YOUR INSTRUCTIONS:
Give back exactly the stretch of data below from the line holding "abbrev pub IsGivenBack" through the line holding "tracked : (size", both ends included, and leave the remaining lines out.

SUPPLIED INFORMATION:
* * *

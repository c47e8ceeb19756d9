-- ===== src/Main/Tests.antt =====
-- A run with one input file, for the theorem about src/main.cpp as a whole.
use ff_test.Base.{
  inl, inr, Bool-cases, if◌then◌else◌, ℕ, ◌+◌, ◌≡◌, refl, true, false, Option, some, none, List, [],
  ◌∷◌, arith,
}
use ff_test.Base.Int.{pos}
use ff_test.Base.Text.{Text}
use ff_test.Config.{parse, apply_option}
use ff_test.Config.Getopt.{requires_argument, letters, getopt, parse_argv}
use ff_test.FileList.{Mode, regular, input_collect, set_filter, add}
use ff_test.Utils.{util_cpu_bind, cpus_of, cpus_from}
use ff_test.TaskPool.{
  waiting, Created, init, set_affinity, bind_thread, start, Pool, init_tasks, init_pool, start_pool,
  stop_pool,
}
use ff_test.TaskPool.Threads.Clearing.{NoThread}
use ff_test.TaskPool.Threads.Fair.{Fair}
use ff_test.TaskPool.Threads.{here, then_step, stops}
use ff_test.TaskPool.Binding.{has_one_below, HasProcessors, bound}
use ff_test.Config.Getopt.Words.{words_of}
use ff_test.Config.Getopt.Written.{Settings, options_of}
use ff_test.Main.Binding.{prepare_binds}
use ff_test.Main.{prepare}
use ff_test.Main.Whole.{Outside, main}
use ff_test.Main.Whole.Returns.{Ticks, main_returns}

abbrev stat : Text → Option Mode
stat path = some regular

abbrev readdir : Text → Option (List Text)
readdir path = none

abbrev binds : List ℕ → ℕ
binds cpus = 0

abbrev all_created : ℕ → Created
all_created i = record { ret = pos 0; leaves_tid = true }

-- -f v
abbrev line : List Text
line = (b'-' ∷ b'f' ∷ []) ∷ (b'v' ∷ []) ∷ []

-- The task of the core 1, which is the default.
abbrev pool : Pool
pool = record {
  tasks =
      record {
        has_thread = true;
        exit = false;
        core_id = 1;
        sem = 1;
        place = waiting;
        cpus = some (1 ∷ []);
      }
      ∷ [];
  sem = 0;
}

prepared : (prepare stat readdir binds all_created line).1 ≡ some pool
unfolding prepare parse_argv getopt letters requires_argument parse apply_option input_collect
    set_filter add init_pool init_tasks init set_affinity bind_thread util_cpu_bind cpus_of
    cpus_from start_pool start
prepared = refl

-- The only thread runs at every tick, and there is one tick each second.
abbrev outside : Outside
outside = record {
  stat = stat;
  readdir = readdir;
  setaffinity = binds;
  created = all_created;
  picks = λ k. 0;
  clock = λ s. s;
}

picks-Fair : Fair outside.picks 1
picks-Fair i j h = (j, omega arith, omega arith)

clock-Ticks : Ticks outside.clock
clock-Ticks k = (k, omega arith)

main_returns_example :
    (bound : ℕ) × ((more : ℕ)
      → (p' : Pool) × (main (bound + more) outside line ≡ some (pos 0, some p'))
        × NoThread p'.tasks)
unfolding prepare parse_argv getopt letters requires_argument parse apply_option
main_returns_example =
    main_returns outside line 0 pool refl prepared (λ j. refl) picks-Fair clock-Ticks

-- -f v -d '' -o '' -c 19 -s 0 -b 0 -l 0 -p 1, on a system of four processors.
abbrev settings : Settings
settings = record {
  file = b'v' ∷ [];
  dir = [];
  output = [];
  cores = 1 ∷ 9 ∷ [];
  skip_frame = 0;
  get_buffer = 0;
  seclive = 0;
  programme = 1;
}

abbrev of_four : List ℕ → ℕ
of_four cpus = if has_one_below 4 cpus then 0 else 22

of_four-HasProcessors : HasProcessors 4 of_four
of_four-HasProcessors cpus = elim (Bool-cases (has_one_below 4 cpus)) [
  | inl there ↦ rw there refl
  | inr missing ↦ rw missing refl
]

two_cores :
    (p : Pool) × ((prepare stat readdir of_four all_created (words_of (options_of settings))).1
      ≡ some p)
unfolding prepare parse_argv getopt letters requires_argument parse apply_option input_collect
    set_filter add init_pool init_tasks init set_affinity bind_thread util_cpu_bind cpus_of
    cpus_from start_pool start
two_cores = (_, refl)

prepare_binds_example : bound (stop_pool two_cores.0).tasks ≡ some (1 ∷ []) ∷ none ∷ []
prepare_binds_example =
    prepare_binds stat readdir of_four all_created settings 4 (pos 0) two_cores.0
      (stop_pool two_cores.0) (omega arith) (omega arith) (omega arith) (omega arith)
      (omega arith, (omega arith, tt)) (λ j. refl) of_four-HasProcessors two_cores.1
      (then_step here stops)
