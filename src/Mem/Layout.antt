-- ===== src/Mem/Layout.antt =====
-- Where the pointers that `jut_malloc` returns lie, and that `jut_free` takes them back.
use ff_test.Base.{
  ℕ, ◌+◌, ◌-◌, ◌%◌, ◌≤◌, ◌<◌, ◌≡◌, refl, ◌⊎◌, inl, inr, none, some, List, false, ◌==◌, arith,
  u32_mod, size_mod,
}
use ff_test.Mem.{
  align, padded, Block, Counters, Memory, find, c_free, charge_max, malloc_tracked, malloc_plain,
  malloc_padded, free_tracked, free_padded, jut_malloc, jut_free, hdr_of,
}
use ff_test.Mem.Blocks.{find_head, remove_head, write_header_head}
use ff_test.Mem.Accounting.{hdr_of-align}

nonzero : (n : ℕ) → 0 < n → (n == 0) ≡ false
nonzero n h = ground arith

-- With the header (policy 4, and policy 5 of a size that is not 0), where `size + 64` is below
-- 2^64 and the C allocator answers a multiple of 64: the pointer is the block's address plus 64,
-- the `size` bytes from it lie inside the block, and it is a multiple of 64.
pub jut_malloc_region :
    (policy size a : ℕ) (m : Memory)
    → (policy ≡ 4) ⊎ ((policy ≡ 5) × (0 < size))
    → size + align < size_mod
    → a % align ≡ 0
    → let (p, m') = jut_malloc policy size (some a) m in
      (ptr : ℕ) × (b : Block) × (p ≡ some ptr)
      × (find a m'.blocks ≡ some b)
      × (b.base + align ≡ ptr)
      × (ptr + size ≤ b.base + b.room)
      × (ptr % align ≡ 0)
unfolding jut_malloc malloc_tracked malloc_padded
jut_malloc_region policy size a m (inl four) fits aligned = rw four (
  a + align,
  record { base = a; room = padded size; header = some (size % u32_mod) },
  refl,
  rw write_header_head (find_head a (padded size) (some (size % u32_mod)) m.blocks),
  refl,
  omega arith,
  omega arith,
)
jut_malloc_region policy size a m (inr (five, more)) fits aligned =
    rw (five, nonzero size more)
      (
        a + align,
        record { base = a; room = padded size; header = none },
        refl,
        find_head a (padded size) none m.blocks,
        refl,
        omega arith,
        omega arith,
      )

-- A free right after an allocation restores the blocks and the count; the maximum keeps what
-- the allocation made of it.
pub jut_free-jut_malloc :
    (size a : ℕ) (bs : List Block) (c : Counters)
    → c.mem_used < u32_mod
    → jut_free 4
        (some (a + align))
        (jut_malloc 4 size (some a) (record { blocks = bs; ctx = some c })).1
      ≡ some (record {
        blocks = bs;
        ctx = some (record c { memused_max = (charge_max size c).memused_max });
      })
unfolding jut_malloc malloc_tracked jut_free free_tracked
jut_free-jut_malloc size a bs c lt = rw write_header_head (
    rw
      (
        hdr_of-align a,
        find_head a (padded size) (some (size % u32_mod)) bs,
        remove_head a (padded size) (some (size % u32_mod)) bs,
      )
      (unfold charge_max in ground arith))

-- Under policy 5 a block of size 0 has no header, so that its free is undefined behaviour, unless
-- another block lies 64 bytes below.
pub jut_free_zero_padded :
    (a : ℕ) (m : Memory)
    → find (a - align) m.blocks ≡ none
    → (jut_malloc 5 0 (some a) m).0 ≡ some a
      × (jut_free 5 (some a) (jut_malloc 5 0 (some a) m).1 ≡ none)
unfolding jut_malloc malloc_plain jut_free free_padded hdr_of c_free find
jut_free_zero_padded a m h = (refl, ground arith)
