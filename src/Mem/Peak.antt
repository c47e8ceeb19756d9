-- ===== src/Mem/Peak.antt =====
-- `memused_max`, the most bytes in use so far, under policy 4.
use ff_test.Base.{
  ℕ, ◌+◌, ◌-◌, ◌%◌, ◌≤◌, ◌<◌, ◌≡◌, refl, ◌∙◌, ◌⊎◌, some, List, ◌∷◌, arith, u32_mod, size_mod,
}
use ff_test.Mem.{
  align, Block, Counters, Memory, find, remove, c_free, charge, charge_max, malloc_tracked,
  finish_tracked, free_tracked, jut_malloc, jut_realloc, jut_free,
}
use ff_test.Mem.Blocks.{live_bytes, find-IsSized, live_bytes-remove}
use ff_test.Mem.Accounting.{IsAccounted, discharge_lem, hdr_of-align, realloc_live}

-- An allocation raises the maximum to the new count exactly when the count passes it.
pub jut_malloc_peak :
    (size a : ℕ) (bs : List Block) (c : Counters)
    → (c' : Counters) × ((jut_malloc 4 size (some a) (record { blocks = bs; ctx = some c })).1.ctx
        ≡ some c')
      × (c'.mem_used ≡ (c.mem_used + size) % u32_mod)
      × (c'.mem_used ≤ c'.memused_max)
      × (c.memused_max ≤ c'.memused_max)
      × ((c'.memused_max ≡ c.memused_max) ⊎ (c'.memused_max ≡ c'.mem_used))
unfolding jut_malloc malloc_tracked charge_max
jut_malloc_peak size a bs c =
    (charge_max size c, refl, refl, ground arith, ground arith, ground arith)

-- Under policy 4, for an accounted heap whose live blocks hold less than 2^32 bytes together and
-- a count at or below the maximum: a free of a live pointer leaves the count equal to the bytes
-- of the other blocks and at or below the maximum, which stays.
pub jut_free_peak :
    (a : ℕ) (bs : List Block) (c : Counters) (b : Block)
    → find a bs ≡ some b
    → IsAccounted (record { blocks = bs; ctx = some c })
    → live_bytes bs < u32_mod
    → c.mem_used ≤ c.memused_max
    → (c' : Counters) × (jut_free 4 (some (a + align)) (record { blocks = bs; ctx = some c })
        ≡ some (record { blocks = remove a bs; ctx = some c' }))
      × (c'.mem_used ≡ live_bytes (remove a bs))
      × (c'.memused_max ≡ c.memused_max)
      × (c'.mem_used ≤ c'.memused_max)
unfolding jut_free free_tracked c_free
jut_free_peak a bs c b e v small le =
    let (s, h, lt) = find-IsSized a bs b v.sized e in
    let sum = live_bytes-remove a bs b e in
    let used : (c.mem_used + u32_mod - s) % u32_mod ≡ live_bytes (remove a bs) =
      ground (arith, v.counted) in
    (
      record c { mem_used = (c.mem_used + u32_mod - s) % u32_mod },
      rw (hdr_of-align a, discharge_lem a s bs b (some c) e h, e),
      used,
      refl,
      ground (arith, v.counted),
    )

-- A granted resize of a live block, under policy 4 and in an accounted heap, that takes the live
-- bytes past the maximum but not to 2^32, leaves the maximum as it was and below the count.
pub jut_realloc_misses_peak :
    (a size a' : ℕ) (bs : List Block) (c : Counters) (b : Block)
    → find a bs ≡ some b
    → IsAccounted (record { blocks = bs; ctx = some c })
    → size + align < size_mod
    → live_bytes (remove a bs) + size < u32_mod
    → c.memused_max < live_bytes (remove a bs) + size
    → (m' : Memory) × (c' : Counters) × (jut_realloc 4
          (some (a + align))
          size
          (some a')
          (record { blocks = bs; ctx = some c })
        ≡ some (some (a' + align), m'))
      × (m'.ctx ≡ some c')
      × (c'.memused_max ≡ c.memused_max)
      × (c'.memused_max < c'.mem_used)
jut_realloc_misses_peak a size a' bs c b e v fits small past =
    let (s, h, lt) = find-IsSized a bs b v.sized e in
    let sum = live_bytes-remove a bs b e in
    let new : Block = record { base = a'; room = size + align; header = b.header } in
    let d : Counters = record c { mem_used = (c.mem_used + u32_mod - s) % u32_mod } in
    let used : d.mem_used ≡ live_bytes (remove a bs) % u32_mod = ground (arith, v.counted) in
    (
      (finish_tracked size (some d) (some a', new ∷ remove a bs)).1,
      charge size d,
      realloc_live a size s (some a') bs (some c) b e h fits ∙ unfold finish_tracked in refl,
      unfold finish_tracked in refl,
      unfold charge in refl,
      unfold charge in omega (arith, used),
    )
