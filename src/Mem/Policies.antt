-- ===== src/Mem/Policies.antt =====
-- A block of `jut_malloc` given back to `jut_free`, under each value of the global `policy` of
-- src/ff_mem.cpp.
use ff_test.Base.{
  ℕ, ◌+◌, ◌%◌, ◌<◌, ◌≡◌, ◌⊎◌, refl, sym, inl, inr, ◌==◌, true, false, Option, none, some, List, ◌∷◌,
  arith, u32_mod, subst,
}
use mathlib.Core.Option
use ff_test.Mem.{
  align, padded, Block, Counters, Memory, find, remove, c_alloc, c_free, charge_max, malloc_tracked,
  malloc_padded, malloc_plain, free_tracked, free_padded, free_plain, jut_malloc, jut_free,
}
use ff_test.Mem.Blocks.{write_header_head}
use ff_test.Mem.Accounting.{hdr_of-align, discharge_lem, discharged}
use ff_test.Mem.Tracked.{used}

-- The pointer of a `jut_malloc`, the memory after its `jut_free`.
abbrev pub IsGivenBack : ℕ → ℕ → ℕ → Memory → Type 0
IsGivenBack policy size a m =
    let (p, m') = jut_malloc policy size (some a) m in
    (ptr : ℕ) × (m'' : Memory) × (p ≡ some ptr)
    × (jut_free policy (some ptr) m' ≡ some m'')
    × (m''.blocks ≡ m.blocks)
    × (used m'' ≡ used m)

first_found : (a : ℕ) (b : Block) (bs : List Block) → b.base ≡ a → find a (b ∷ bs) ≡ some b
unfolding find
first_found a b bs e = ground arith

abbrev with_ctx : List Block → Option Counters → Memory
with_ctx bs ctx = record { blocks = bs; ctx = ctx }

used-discharged :
    (size : ℕ) (bs : List Block) (ctx : Option Counters)
    → used (with_ctx bs ctx) < u32_mod
    → used (with_ctx bs (discharged (size % u32_mod) (Option.map (charge_max size) ctx)))
      ≡ used (with_ctx bs ctx)
unfolding charge_max
used-discharged size bs none h = refl
used-discharged size bs (some c) h = omega arith

plain : (size a : ℕ) (m : Memory) → IsGivenBack 1 size a m
unfolding jut_malloc malloc_plain c_alloc jut_free free_plain c_free find remove
plain size a m = let same : (a == a) ≡ true = ground arith in (a, m, refl, rw same refl, refl, refl)

tracked : (size a : ℕ) (m : Memory) → used m < u32_mod → IsGivenBack 4 size a m
unfolding jut_malloc malloc_tracked c_alloc jut_free free_tracked c_free find remove
tracked size a m h =
    let same : (a == a) ≡ true = ground arith in
    let b : Block = record { base = a; room = padded size; header = some (size % u32_mod) } in
    let bs : List Block = b ∷ m.blocks in
    let ctx : Option Counters = Option.map (charge_max size) m.ctx in
    let s = size % u32_mod in
    let there : find a bs ≡ some b = first_found a b m.blocks refl in
    rw write_header_head (
      a + align,
      record { blocks = m.blocks; ctx = discharged s ctx },
      refl,
      rw (hdr_of-align a, discharge_lem a s bs b ctx there refl, there) (rw same refl),
      refl,
      used-discharged size m.blocks m.ctx h,
    )

headed : (size a : ℕ) (m : Memory) → 0 < size → IsGivenBack 5 size a m
unfolding jut_malloc malloc_padded c_alloc jut_free free_padded c_free find remove
headed size a m h =
    let same : (a == a) ≡ true = ground arith in
    let more : (size == 0) ≡ false = ground arith in
    let b : Block = record { base = a; room = padded size; header = none } in
    let there : find a (b ∷ m.blocks) ≡ some b = first_found a b m.blocks refl in
    rw more (a + align, m, refl, rw (hdr_of-align a, there) (rw same refl), refl, refl)

-- Under which of its values `policy` gives a block of that size a header that both sides know.
abbrev pub IsPolicy : ℕ → ℕ → Type 0
IsPolicy policy size = (policy ≡ 1) ⊎ (policy ≡ 4) ⊎ ((policy ≡ 5) × (0 < size))

-- Under the policies 1 and 4, and 5 for a size that is not 0: what `jut_malloc` answers, when the
-- C allocator grants it, can be given to `jut_free`, which then frees the block of the C allocator
-- and no other, and the count of the current decoder, if there is one, is as it was before.
pub jut_free-jut_malloc :
    (policy size a : ℕ) (m : Memory)
    → IsPolicy policy size
    → used m < u32_mod
    → IsGivenBack policy size a m
jut_free-jut_malloc policy size a m (inl one) h =
    subst (λ p. IsGivenBack p size a m) (sym one) (plain size a m)
jut_free-jut_malloc policy size a m (inr (inl four)) h =
    subst (λ p. IsGivenBack p size a m) (sym four) (tracked size a m h)
jut_free-jut_malloc policy size a m (inr (inr (five, more))) h =
    subst (λ p. IsGivenBack p size a m) (sym five) (headed size a m more)
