-- ===== src/Mem/Watermark.antt =====
-- `memused_max` over a sequence of allocator calls, under policy 4.
use mathlib.Core.Option
use ff_test.Base.{
  ℕ, ◌<◌, ◌≡◌, refl, sym, ◌∙◌, Bool, true, false, Option, none, some, List, [], ltb, if◌then◌else◌,
  arith, u32_mod, ap, some_inj, some_snd, subst, inl, inr, Bool-cases, ◌==◌,
}
use ff_test.Mem.{
  Block, Counters, Memory, charge, charge_max, malloc_tracked, finish_tracked, realloc_tracked,
  c_realloc, jut_malloc, jut_realloc,
}
use ff_test.Mem.Blocks.{find-IsSized, Granted, AreGranted, total, live_bytes-total}
use ff_test.Mem.Granted.{Step-AreGranted}
use ff_test.Mem.Accounting.{IsAccounted, Counted, discharged, free_live, realloc_live}
use ff_test.Mem.History.{
  Step, initial, initial-IsAccounted, Step-IsAccounted, mallocs, reallocs_null, reallocs, frees,
}

abbrev pub higher : ℕ → ℕ → ℕ
higher a b = if ltb a b then b else a

-- The call is a `jut_malloc` that is granted.
abbrev pub is_malloc : {g g' : Granted} {m m' : Memory} → Step g m g' m' → Bool
is_malloc (mallocs size none fresh) = false
is_malloc (mallocs size (some a) fresh) = true
is_malloc (reallocs_null size a p fresh e) = false
is_malloc (reallocs a size a' p b live fits fresh e) = false
is_malloc (frees a b live e) = false

-- A sequence of calls from the empty heap, with the sizes that were asked for and the most that
-- they came to just after a granted `jut_malloc`. Together they stay below 2^32.
pub data Run : Granted → ℕ → Memory → Type 0 where
  starts : Run [] 0 initial
  calls :
      {g g' : Granted} {most : ℕ} {m m' : Memory} (s : Step g m g' m')
      → Run g most m
      → total g' < u32_mod
      → Run g' (if is_malloc s then higher most (total g') else most) m'

-- What a call does to the maximum.
abbrev IsRaised : Bool → Counters → Counters → Type 0
IsRaised malloc c c' =
    c'.memused_max ≡ (if malloc then higher c.memused_max c'.mem_used else c.memused_max)

realloc_null_ctx :
    (size a : ℕ) (p : Option ℕ) (bs : List Block) (c : Counters) (m' : Memory)
    → jut_realloc 4 none size (some a) (record { blocks = bs; ctx = some c }) ≡ some (p, m')
    → (c' : Counters) × (m'.ctx ≡ some c') × (c'.memused_max ≡ c.memused_max)
unfolding jut_realloc realloc_tracked c_realloc finish_tracked charge
realloc_null_ctx size a p bs c m' e = elim (Bool-cases (size == 0)) [
  | inl zero_size ↦ (c, ap (λ (m : Memory). m.ctx) (sym (some_snd (rw zero_size at e))), refl)
  | inr more ↦ (_, ap (λ (m : Memory). m.ctx) (sym (some_snd (rw more at e))), refl)
]

step_ctx :
    {g g' : Granted} {m m' : Memory} (s : Step g m g' m') (c : Counters)
    → IsAccounted m
    → m.ctx ≡ some c
    → (c' : Counters) × (m'.ctx ≡ some c') × IsRaised (is_malloc s) c c'
unfolding jut_malloc malloc_tracked charge_max finish_tracked charge
step_ctx {m = m} (mallocs size none fresh) c v e = (c, e, refl)
step_ctx {m = m} (mallocs size (some a) fresh) c v e =
    (charge_max size c, ap (Option.map (charge_max size)) e, refl)
step_ctx {m = m} {m' = m'} (reallocs_null size a p fresh r) c v e =
    realloc_null_ctx size a p m.blocks c m' (
      subst
        (λ o.
          jut_realloc 4 none size (some a) (record { blocks = m.blocks; ctx = o }) ≡ some (p, m'))
        e r)
step_ctx {m = m} {m' = m'} (reallocs a size a' p b live fits fresh r) c v e =
    let (s, h, _) = find-IsSized a m.blocks b v.sized live in
    (
      _,
      ap (λ (m : Memory). m.ctx)
            (some_snd (sym r ∙ realloc_live a size s (some a') m.blocks m.ctx b live h fits))
          ∙ ap (λ o. Option.map (charge size) (discharged s o)) e,
      refl,
    )
step_ctx {m = m} {m' = m'} (frees a b live r) c v e =
    let (s, h, _) = find-IsSized a m.blocks b v.sized live in
    (
      _,
      ap (λ (m : Memory). m.ctx) (some_inj (sym r ∙ free_live a s m b live h))
          ∙ ap (discharged s) e,
      refl,
    )

-- The counters are exact.
record IsExact (g : Granted) (most : ℕ) (m : Memory) : Type 0 where
  accounted : IsAccounted m
  granted : AreGranted m.blocks g
  counters : Counters
  ctx_is : m.ctx ≡ some counters
  maximum : counters.memused_max ≡ most
  small : total g < u32_mod

counted-total :
    (g : Granted) (m : Memory) (c : Counters)
    → IsAccounted m
    → AreGranted m.blocks g
    → m.ctx ≡ some c
    → total g < u32_mod
    → c.mem_used ≡ total g
counted-total g m c v granted ctx_is small =
    let counted = subst (λ o. Counted o m.blocks) ctx_is v.counted in
    omega (arith, counted, live_bytes-total m.blocks g granted, small)

Run-IsExact_lem : {g : Granted} {most : ℕ} {m : Memory} → Run g most m → IsExact g most m
Run-IsExact_lem starts = record {
  accounted = initial-IsAccounted;
  granted = tt;
  counters = record { mem_used = 0; memused_max = 0 };
  ctx_is = refl;
  maximum = refl;
  small = omega arith;
}
Run-IsExact_lem (calls {g} {g'} {most} {m} {m'} s r small) =
    let x = Run-IsExact_lem r in
    let (c', ctx_is, raised) = step_ctx s x.counters x.accounted x.ctx_is in
    let accounted = Step-IsAccounted s x.accounted in
    let granted = Step-AreGranted s x.accounted x.granted in
    let used = counted-total g' m' c' accounted granted ctx_is small in
    record {
      accounted = accounted;
      granted = granted;
      counters = c';
      ctx_is = ctx_is;
      maximum =
          raised
          ∙ ap (λ k. if is_malloc s then higher k c'.mem_used else k) x.maximum
          ∙ ap (λ u. if is_malloc s then higher most u else most) used;
      small = small;
    }

-- Under policy 4, over any sequence from the empty heap, with the counters at 0, of `jut_malloc`
-- (granted or refused), of granted calls of `jut_realloc` with NULL or a live pointer, and of
-- `jut_free` with a live pointer, where the C allocator never answers the address of a live block
-- and the sizes that were asked for, of the live blocks, stay below 2^32 together: the count is the
-- sum of these sizes, and `memused_max` is the largest sum that there was just after a granted
-- `jut_malloc`. What `jut_realloc` adds is not in the maximum.
pub Run-IsExact :
    {g : Granted} {most : ℕ} {m : Memory}
    → Run g most m
    → (c : Counters) × (m.ctx ≡ some c) × (c.mem_used ≡ total g) × (c.memused_max ≡ most)
Run-IsExact {g} {m = m} r =
    let x = Run-IsExact_lem r in
    (
      x.counters,
      x.ctx_is,
      counted-total g m x.counters x.accounted x.granted x.ctx_is x.small,
      x.maximum,
    )
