-- ===== src/Mem/Tests.antt =====
-- Small heaps of src/ff_mem.cpp on which the theorems about the allocator apply.
use ff_test.Base.{ℕ, ◌+◌, ◌≤◌, ◌%◌, ◌≡◌, refl, none, some, [], ◌∷◌, arith, inl, inr, u32_mod}
use ff_test.Mem.{
  align, Block, Counters, Memory, find, remove, jut_malloc, jut_realloc, jut_free, free_tracked,
  c_free, hdr_of, discharge, write_header, charge_max, malloc_tracked, c_alloc, c_realloc,
  realloc_tracked, finish_tracked, charge,
}
use ff_test.Mem.Accounting.{IsAccounted, jut_realloc_refused}
use ff_test.Mem.Watermark.{Run, starts, calls, Run-IsExact}
use ff_test.Mem.History.{Reach, here, next, mallocs, frees, reallocs, initial}
use ff_test.Mem.Blocks.{AreSized, AreGranted}
use ff_test.Mem.Tracked.{used, Reach-AreGranted}
use ff_test.Mem.Policies.{IsGivenBack, jut_free-jut_malloc}
use ff_test.Mem.Samples.{block, second_block}
use ff_test.Mem.Layout.{jut_malloc_region}

-- 100 and 20 bytes in use.
abbrev two_blocks : Memory
two_blocks = record {
  blocks = block 4096 100 ∷ block 1024 20 ∷ [];
  ctx = some (record { mem_used = 120; memused_max = 130 });
}

two_blocks-IsAccounted : IsAccounted two_blocks
unfolding find
two_blocks-IsAccounted = record {
  sized = (refl, (100, refl, omega arith), (refl, (20, refl, omega arith), tt));
  counted = refl;
}

-- 100 bytes allocated at 4096, 20 at 1024, and the first freed.
three_calls : Reach [] initial ((1024, 20) ∷ []) second_block
unfolding jut_malloc malloc_tracked c_alloc write_header charge_max jut_free free_tracked hdr_of
    discharge c_free find remove
three_calls =
    next (next (next here (mallocs 100 (some 4096) refl)) (mallocs 20 (some 1024) refl))
      (frees 4096 (block 4096 100) refl refl)

Reach-AreGranted_example :
    AreSized (block 1024 20 ∷ [])
    × AreGranted (block 1024 20 ∷ []) ((1024, 20) ∷ [])
    × (used second_block ≡ 20 % u32_mod)
Reach-AreGranted_example = Reach-AreGranted three_calls

jut_realloc_refused_example :
    (c' : Counters) × (jut_realloc 4 (some 1088) 50 none two_blocks
      ≡ some (none, record { blocks = two_blocks.blocks; ctx = some c' }))
    × ((c'.mem_used + 20) % u32_mod ≡ 120)
    × ¬ IsAccounted (record { blocks = two_blocks.blocks; ctx = some c' })
unfolding find
jut_realloc_refused_example =
    jut_realloc_refused 1024 50 20 two_blocks.blocks (record { mem_used = 120; memused_max = 130 })
      (block 1024 20) refl refl (omega arith) (omega arith) two_blocks-IsAccounted

-- 100 bytes allocated at 4096, resized to 150 at 2048: the maximum is 100.
grown : Run ((2048, 150) ∷ []) 100 (record {
  blocks = block 2048 150 ∷ [];
  ctx = some (record { mem_used = 150; memused_max = 100 });
})
unfolding jut_malloc malloc_tracked c_alloc write_header charge_max jut_realloc realloc_tracked
    hdr_of discharge c_realloc finish_tracked charge find remove
grown =
    calls (reallocs 4096 150 2048 (some 2112) (block 4096 100) refl (omega arith) refl refl)
      (calls (mallocs 100 (some 4096) refl) starts (omega arith)) (omega arith)

Run-IsExact_example :
    (c : Counters) × (some (record { mem_used = 150; memused_max = 100 }) ≡ some c)
    × (c.mem_used ≡ 150)
    × (c.memused_max ≡ 100)
Run-IsExact_example = Run-IsExact grown

jut_malloc_region_example :
    let (p, m') = jut_malloc 4 30 (some 8192) two_blocks in
    (ptr : ℕ) × (b : Block) × (p ≡ some ptr)
    × (find 8192 m'.blocks ≡ some b)
    × (b.base + align ≡ ptr)
    × (ptr + 30 ≤ b.base + b.room)
    × (ptr % align ≡ 0)
jut_malloc_region_example = jut_malloc_region 4 30 8192 two_blocks (inl refl) (omega arith) refl

jut_free-jut_malloc_example : IsGivenBack 5 30 8192 two_blocks
jut_free-jut_malloc_example =
    jut_free-jut_malloc 5 30 8192 two_blocks (inr (inr (refl, omega arith))) (omega arith)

* * *

REPLY:
abbrev pub IsGivenBack : ℕ → ℕ → ℕ → Memory → Type 0
IsGivenBack policy size a m =
    let (p, m') = jut_malloc policy size (some a) m in
    (ptr : ℕ) × (m'' : Memory) × (p ≡ some ptr)
    × (jut_free policy (some ptr) m' ≡ some m'')
    × (m''.blocks ≡ m.blocks)
    × (used m'' ≡ used m)

first_found : (a : ℕ) (b : Block) (bs : List Block) → b.base ≡ a → find a (b ∷ bs) ≡ some b
unfolding find
first_found a b bs e = ground arith

abbrev with_ctx : List Block → Option Counters → Memory
with_ctx bs ctx = record { blocks = bs; ctx = ctx }

used-discharged :
    (size : ℕ) (bs : List Block) (ctx : Option Counters)
    → used (with_ctx bs ctx) < u32_mod
    → used (with_ctx bs (discharged (size % u32_mod) (Option.map (charge_max size) ctx)))
      ≡ used (with_ctx bs ctx)
unfolding charge_max
used-discharged size bs none h = refl
used-discharged size bs (some c) h = omega arith

plain : (size a : ℕ) (m : Memory) → IsGivenBack 1 size a m
unfolding jut_malloc malloc_plain c_alloc jut_free free_plain c_free find remove
plain size a m = let same : (a == a) ≡ true = ground arith in (a, m, refl, rw same refl, refl, refl)

tracked : (size a : ℕ) (m : Memory) → used m < u32_mod → IsGivenBack 4 size a m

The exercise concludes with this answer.